While Russia has not opposed some links between ex-Soviet republics and the European Union, it has opposed the EU Partnership Agreements because these bind the signatories to the EU in such a way as to make membership in the Moscow-sponsored entities (the customs union, the single economic space, and so on) impossible. While such agreements are not an automatic guarantee of future membership in the European Union, they put the country on the trajectory towards harmonizing its institutions with those of the EU member-states and would, over time, significantly reorient the economy away from traditional links with Moscow and towards fuller participation in a wider European market.
Of course, there were two drawbacks for Ukraine in the proffered EU agreements. The first is the requirement for domestic political change—and the expectation that the Ukrainian government would terminate its approach of “selective justice” (highlighting corruption charges only against political opponents of Yanukovych), beginning with a release of imprisoned former prime minister and principal political rival to Yanukovych, Yuliya Tymoshenko. Even the proposal for Tymoshenko to leave Ukraine for medical treatment in Germany, a form of soft exile, was problematic to the Yanukovych team, who continue to see Tymoshenko, whom Yanukovych narrowly beat out to capture the presidency in 2010, as their prime rival. In the short run, keeping Tymoshenko neutralized was more important than signing the EU deal.
Like Turkey, which has also had a rocky road with pursuing closer integration with the EU, the Ukrainian government has sought to secure as many economic benefits as possible while preserving as much sovereignty as it can so as not to have to make significant changes to its domestic institutions. Impelled by the desire for greater access to the European market, Ukraine did take a number of steps to bring its institutions into closer conformity with EU standards, but the Rada (parliament) balked this week at passing the last set of bills that would be needed to bring Ukraine into compliance with the EU—including the one concerning Tymoshenko’s ability to go abroad for medical care.

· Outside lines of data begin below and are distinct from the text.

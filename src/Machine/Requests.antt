-- ===== src/Machine/Requests.antt =====
-- sm.c: the requests that drive the machine. `fuel` is that of `sm_step`.
pub mod Laws
use finit.Prelude.{
  ◌==◌, ℕ, ◌-◌, ◌*◌, Bool, true, false, not, ◌&&◌, ◌||◌, ltb, [], ◌∷◌, ◌++◌, Option, none, some, ℤ,
  pos, negsuc, eq_ℤ, is_zero, leb_ℤ, if◌then◌else◌,
}
use finit.Machine.Step.{
  SmState, bootstrapping, Halt, shut_off, shut_reboot, any, svc_up, service_step_all,
  console_watcher_stop, run_hooks, conf_flush_events, cgroup_prune, do_shutdown, networking,
  log_incomplete, svc_prune_bootstrap, reschedule_bootstrap, Machine, Answers, emits, init_level,
  no_level, is_reserved, sm_step,
}

-- `sm_init`
unfoldable pub sm_init : Machine → Machine
sm_init m = emits (reschedule_bootstrap ∷ []) (record m {
  state = bootstrapping;
  newlevel = no_level;
  reload = false;
  in_reload = false;
  skip_bootstrap = false;
})

-- The network is brought up on the way from single user mode or S, and down for a shutdown.
networking_up : ℤ → Machine → Machine
networking_up level m =
    emits
      (if not m.rescue
          && (eq_ℤ m.runlevel (pos 1) || eq_ℤ m.runlevel init_level)
          && not (is_reserved level)
        then networking true ∷ []
        else [])
      m

networking_down : Machine → Machine
networking_down m =
    emits (if not m.rescue && is_reserved m.runlevel then networking false ∷ [] else []) m

unfoldable pub sm_runlevel : (ℕ → Answers) → ℕ → ℤ → Machine → Option Machine
unfolding networking_up networking_down
sm_runlevel answers fuel level m =
    let m1 = emits (conf_flush_events ∷ []) (record (networking_up level m) { newlevel = level }) in
    elim (sm_step answers fuel m1) [ none ↦ none | some m2 ↦ some (networking_down m2) ]

unfoldable pub sm_reload : (ℕ → Answers) → ℕ → Machine → Option Machine
sm_reload answers fuel m =
    sm_step answers fuel (emits (conf_flush_events ∷ []) (record m { reload = true }))

-- How the system goes down, by the runlevel asked for.
unfoldable pub halt_for : ℤ → Halt → Halt
halt_for level h =
    if eq_ℤ level (pos 6) then shut_reboot else if eq_ℤ level (pos 0) then shut_off else h

-- `sm_request_runlevel`: refused on the way down, deferred in S.
unfoldable pub sm_request_runlevel : (ℕ → Answers) → ℕ → ℤ → Machine → Option Machine
unfolding halt_for
sm_request_runlevel answers fuel level m0 =
    if is_reserved m0.runlevel && not (eq_ℤ m0.runlevel init_level)
    then some m0
    else (let m = record m0 { halt = halt_for level m0.halt } in
        if eq_ℤ m.runlevel init_level
        then some (record m { cfglevel = level })
        else sm_runlevel answers fuel level m)

-- The last part of `sm_check_bootstrap`.
finish_bootstrap : Machine → Machine
finish_bootstrap m = emits (svc_prune_bootstrap ∷ cgroup_prune ∷ run_hooks svc_up ∷ []) m

-- The part of `sm_check_bootstrap` behind the wait.
leave_bootstrap : (ℕ → Answers) → ℕ → Machine → Option Machine
unfolding finish_bootstrap
leave_bootstrap answers fuel m0 =
    let m =
      emits
        (console_watcher_stop
          ∷ ((if m0.skip_bootstrap then log_incomplete ∷ [] else []) ++ (conf_flush_events ∷ [])))
        m0 in
    let level = if not (is_zero m.cmdlevel) then m.cmdlevel else m.cfglevel in
    elim (sm_runlevel answers fuel level m) [ none ↦ none | some m1 ↦ some (finish_bootstrap m1) ]

-- `sm_check_bootstrap` with the seconds left, which are 0 once the source's counter is not positive;
-- `completed` is the answer of `service_completed`. The flag says that it will be called again.
unfoldable pub sm_check_bootstrap :
    (ℕ → Answers) → ℕ → ℕ → Bool → Machine → Option (ℕ × Bool × Machine)
unfolding leave_bootstrap
sm_check_bootstrap answers fuel timeout completed m0 =
    let m = emits (service_step_all any ∷ []) m0 in
    if ltb 0 timeout && not completed && not m.skip_bootstrap
    then some (timeout - 1, true, emits (reschedule_bootstrap ∷ []) m)
    else elim (leave_bootstrap answers fuel m) [
      | none ↦ none
      | some m1 ↦ some (timeout - 1, false, m1)
    ]

-- `console_input_cb`: Ctrl-C ends the wait.
unfoldable pub console_input : ℕ → Machine → Machine
console_input ch m = if ch == 3 then record m { skip_bootstrap = true } else m

-- The callbacks of both shutdown timers.
unfoldable pub shutdown_wdt_cb : Machine → Machine
shutdown_wdt_cb m = emits (do_shutdown m.halt ∷ []) m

The second was the announced Russian response. Russia remains Ukraine’s largest foreign investor and Ukraine still remains highly dependent on the Russian market. Ukraine’s push to secure greater energy independence for itself by developing indigenous oil and natural gas projects will not bear fruit for a number of years, and the country remains dependent on Russia for low-cost supplies of energy. On Friday, Ukraine’s prime minister Mykola Azarov bluntly told lawmakers in the Rada that Ukraine could not, at this point, afford an economic rupture with Moscow. “What will be our compensation for the huge losses from losing the Customs Union market, what, I am asking you? Unfortunately, we did not receive a realistic answer to this question.”

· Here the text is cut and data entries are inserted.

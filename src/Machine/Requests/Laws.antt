-- ===== src/Machine/Requests/Laws.antt =====
-- The end of bootstrap, and runlevel requests.
use finit.Prelude.{
  Bool, true, false, not, ◌&&◌, ltb, ◌≡◌, refl, sym, negsuc, Bool-cases, ap, subst, ◌∙◌, ◌⊎◌, inl,
  inr, ℕ, suc, ◌-◌, ◌≤◌, arith, Option, some, none, [], ◌∷◌, ◌++◌, ℤ, pos, eq_ℤ, is_zero,
  if◌then◌else◌,
}
use finit.Machine.Step.{
  bootstrap_wait, running, any, service_step_all, console_watcher_stop, log_incomplete,
  conf_flush_events, Machine, Answers, emits, init_level, is_shutdown, is_reserved,
  reschedule_bootstrap, pass, pass_in, step_bootstrap_wait,
}
use finit.Machine.Change.{Shape, AllCollected, Returns, Returns-step, sm_step_reaches}
use finit.Machine.Ends.{sm_step_ends}
use finit.Machine.Requests.{
  sm_runlevel, sm_request_runlevel, sm_check_bootstrap, leave_bootstrap, halt_for, networking_up,
  networking_down, finish_bootstrap,
}

pass_boot :
    (a : Answers) (m : Machine) (n : ℕ)
    → m.state ≡ bootstrap_wait
    → m.newlevel ≡ pos n
    → ((pass a m).state ≡ running)
      × ((pass a m).newlevel ≡ pos n)
      × ((pass a m).reload ≡ m.reload)
      × ((pass a m).runlevel ≡ m.runlevel)
unfolding pass pass_in step_bootstrap_wait
pass_boot a m n s e = rw s (rw e (ground arith))

boot_reaches :
    (answers : ℕ → Answers) (f : ℕ) (m : Machine) (n : ℕ)
    → AllCollected answers
    → m.state ≡ bootstrap_wait
    → m.newlevel ≡ pos n
    → n ≤ 9
    → m.runlevel ≡ init_level
    → m.reload ≡ false
    → Returns answers
        (suc (suc (suc (suc (suc (suc f))))))
        m
        (Shape running false (pos n) init_level)
boot_reaches answers f m n c s e b l r =
    let (s1, e1, r1, l1) = pass_boot (answers (suc (suc (suc (suc (suc f)))))) m n s e in
    let m1 = pass (answers (suc (suc (suc (suc (suc f)))))) m in
    let l2 = l1 ∙ l in
    Returns-step answers (suc (suc (suc (suc (suc f))))) m _ bootstrap_wait running s s1 refl (
      subst
        (λ old.
          Returns answers (suc (suc (suc (suc (suc f))))) m1 (Shape running false (pos n) old))
        l2 (sm_step_reaches answers f m1 n c s1 e1 b (rw l2 (ground arith)) (r1 ∙ r)))

-- A call that returns a machine with the property.
abbrev pub Gives : Option Machine → (Machine → Type 0) → Type 0
Gives x P = (m' : Machine) × (x ≡ some m') × P m'

sm_runlevel_reaches :
    (answers : ℕ → Answers) (f : ℕ) (m : Machine) (n : ℕ)
    → AllCollected answers
    → m.state ≡ bootstrap_wait
    → n ≤ 9
    → m.runlevel ≡ init_level
    → m.reload ≡ false
    → Gives
        (sm_runlevel answers (suc (suc (suc (suc (suc (suc f)))))) (pos n) m)
        (Shape running false (pos n) init_level)
unfolding sm_runlevel networking_up networking_down
sm_runlevel_reaches answers f m n c s b l r =
    let (m', e, p) =
      boot_reaches answers f
        (emits (conf_flush_events ∷ []) (record (networking_up (pos n) m) { newlevel = pos n })) n c
        s refl b l r in
    (
      networking_down m',
      ap (λ x. elim x [ none ↦ none | some m2 ↦ some (networking_down m2) ]) e,
      p,
    )

sm_runlevel_ends :
    (answers : ℕ → Answers) (f : ℕ) (level : ℤ) (m : Machine)
    → 12 ≤ f
    → (m' : Machine) × (sm_runlevel answers f level m ≡ some m')
unfolding sm_runlevel
sm_runlevel_ends answers f level m h =
    let (m', e) =
      sm_step_ends answers f
        (emits (conf_flush_events ∷ []) (record (networking_up level m) { newlevel = level })) h in
    (networking_down m', ap (λ x. elim x [ none ↦ none | some m2 ↦ some (networking_down m2) ]) e)

-- The runlevel that the system starts in.
abbrev pub first_level : Machine → ℤ
first_level m = if not (is_zero m.cmdlevel) then m.cmdlevel else m.cfglevel

-- The machine that `leave_bootstrap` asks for the first runlevel.
abbrev leaving : Machine → Machine
leaving m =
    emits
      (console_watcher_stop
        ∷ ((if m.skip_bootstrap then log_incomplete ∷ [] else []) ++ (conf_flush_events ∷ [])))
      m

leave_as :
    (answers : ℕ → Answers) (f : ℕ) (m m' : Machine)
    → sm_runlevel answers f (first_level m) (leaving m) ≡ some m'
    → leave_bootstrap answers f m ≡ some (finish_bootstrap m')
unfolding leave_bootstrap
leave_as answers f m m' e =
    ap (λ x. elim x [ none ↦ none | some m1 ↦ some (finish_bootstrap m1) ]) e

check_as :
    (answers : ℕ → Answers) (f timeout : ℕ) (completed : Bool) (m m' : Machine)
    → (ltb 0 timeout && not completed && not m.skip_bootstrap) ≡ false
    → leave_bootstrap answers f (emits (service_step_all any ∷ []) m) ≡ some m'
    → sm_check_bootstrap answers f timeout completed m ≡ some (timeout - 1, false, m')
unfolding sm_check_bootstrap
check_as answers f timeout completed m m' w e =
    rw w (ap (λ x. elim x [ none ↦ none | some m1 ↦ some (timeout - 1, false, m1) ]) e)

leave_reaches :
    (answers : ℕ → Answers) (f : ℕ) (m : Machine) (n : ℕ)
    → AllCollected answers
    → m.state ≡ bootstrap_wait
    → first_level m ≡ pos n
    → n ≤ 9
    → m.runlevel ≡ init_level
    → m.reload ≡ false
    → Gives
        (leave_bootstrap answers (suc (suc (suc (suc (suc (suc f)))))) m)
        (Shape running false (pos n) init_level)
unfolding finish_bootstrap
leave_reaches answers f m n c s e b l r =
    let (m', q, p) = sm_runlevel_reaches answers f (leaving m) n c s b l r in
    (finish_bootstrap m', leave_as answers (suc (suc (suc (suc (suc (suc f)))))) m m' (rw e q), p)

-- Once all services of the runlevel S are completed, or the time or the user ends the wait, the next
-- poll brings the system from BOOTSTRAP_WAIT into the runlevel of the command line, or else of the
-- configuration, if that is one of 0 to 9, no reload is pending, and all services and their scripts
-- are collected at once: the machine is in RUNNING, and there is no further poll.
pub sm_check_bootstrap_reaches :
    (answers : ℕ → Answers) (f timeout : ℕ) (completed : Bool) (m : Machine) (n : ℕ)
    → AllCollected answers
    → (ltb 0 timeout && not completed && not m.skip_bootstrap) ≡ false
    → m.state ≡ bootstrap_wait
    → first_level m ≡ pos n
    → n ≤ 9
    → m.runlevel ≡ init_level
    → m.reload ≡ false
    → (m' : Machine) × (sm_check_bootstrap answers
          (suc (suc (suc (suc (suc (suc f))))))
          timeout
          completed
          m
        ≡ some (timeout - 1, false, m'))
      × Shape running false (pos n) init_level m'
sm_check_bootstrap_reaches answers f timeout completed m n c w s e b l r =
    let m0 = emits (service_step_all any ∷ []) m in
    let (m', q, p) = leave_reaches answers f m0 n c s e b l r in
    (m', check_as answers (suc (suc (suc (suc (suc (suc f)))))) timeout completed m m' w q, p)

-- A poll always returns, with twelve units of fuel, and asks for another one exactly as long as
-- there is time left, a service of the runlevel S is not completed, and the user did not interrupt.
pub sm_check_bootstrap_polls :
    (answers : ℕ → Answers) (f timeout : ℕ) (completed : Bool) (m : Machine)
    → 12 ≤ f
    → (m' : Machine) × (sm_check_bootstrap answers f timeout completed m
        ≡ some (timeout - 1, ltb 0 timeout && not completed && not m.skip_bootstrap, m'))
unfolding sm_check_bootstrap
sm_check_bootstrap_polls answers f timeout completed m h =
    let m0 = emits (service_step_all any ∷ []) m in
    elim (Bool-cases (ltb 0 timeout && not completed && not m.skip_bootstrap)) [
      | inl y ↦ (emits (reschedule_bootstrap ∷ []) m0, rw y refl)
      | inr n ↦
          let (m', q) = sm_runlevel_ends answers f (first_level m0) (leaving m0) h in
          (
            finish_bootstrap m',
            check_as answers f timeout completed m (finish_bootstrap m') n
                  (leave_as answers f m0 m' q)
                ∙ ap (λ b. some (timeout - 1, b, finish_bootstrap m')) (sym n),
          )
    ]

not_both : (level : ℤ) → is_shutdown level ≡ true → eq_ℤ level init_level ≡ false
not_both (pos n) h = ground arith
not_both (negsuc n) h = cc

reserved_parts :
    (level : ℤ)
    → is_shutdown level ≡ false
    → eq_ℤ level init_level ≡ false
    → is_reserved level ≡ false
reserved_parts level s i = ground arith

-- With twelve units of fuel a request for any runlevel returns. Either the system is on its way down
-- to 0 or 6 and nothing changes, or it is in the runlevel S, where no more than the runlevel that
-- will be entered first and the kind of halt change, or it is in another runlevel, and the change
-- is carried out.
pub sm_request_runlevel_lem :
    (answers : ℕ → Answers) (f : ℕ) (level : ℤ) (m : Machine)
    → 12 ≤ f
    → (m' : Machine) × (sm_request_runlevel answers f level m ≡ some m')
      × (((is_shutdown m.runlevel ≡ true) × (m' ≡ m))
          ⊎ ((eq_ℤ m.runlevel init_level ≡ true)
              × (m' ≡ record m { cfglevel = level; halt = halt_for level m.halt }))
          ⊎ ((is_reserved m.runlevel ≡ false)
              × (sm_runlevel answers f level (record m { halt = halt_for level m.halt })
                  ≡ some m')))
unfolding sm_request_runlevel
sm_request_runlevel_lem answers f level m h = elim (Bool-cases (is_shutdown m.runlevel)) [
  | inl s ↦ (m, ground (arith, not_both m.runlevel s), inl (s, refl))
  | inr s ↦ elim (Bool-cases (eq_ℤ m.runlevel init_level)) [
    | inl i ↦ (
      record m { cfglevel = level; halt = halt_for level m.halt },
      ground arith,
      inr (inl (i, refl)),
    )
    | inr i ↦
        let (m', e) =
          sm_runlevel_ends answers f level (record m { halt = halt_for level m.halt }) h in
        (m', ground arith, inr (inr (reserved_parts m.runlevel s i, e)))
  ]
]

Ukraine’s decision does represent a major setback for Western policy. It again exposes the hollowness of former secretary of state Hillary Clinton’s promises at the end of 2012 that the United States would undertake a major effort to counter Putin’s Eurasian integration plans; the United States continues to rhetorically oppose Moscow’s proposals but is not going to devote much time, energy, and most crucially, resources to the task. It also challenges the EU approach which believed that Moscow would have no choice but to acquiesce to greater EU activism in the Eurasian space, and that Brussels could present Russia with a fait accompli. Ulrich Speck, a visiting fellow at Carnegie Europe, summed up the naivete of this approach: “The EU always saw itself as someone that wasn’t in to playing geopolitical games. But the irony is that Putin’s new assertiveness forced the EU into playing power politics, so this has become largely a geopolitical game.”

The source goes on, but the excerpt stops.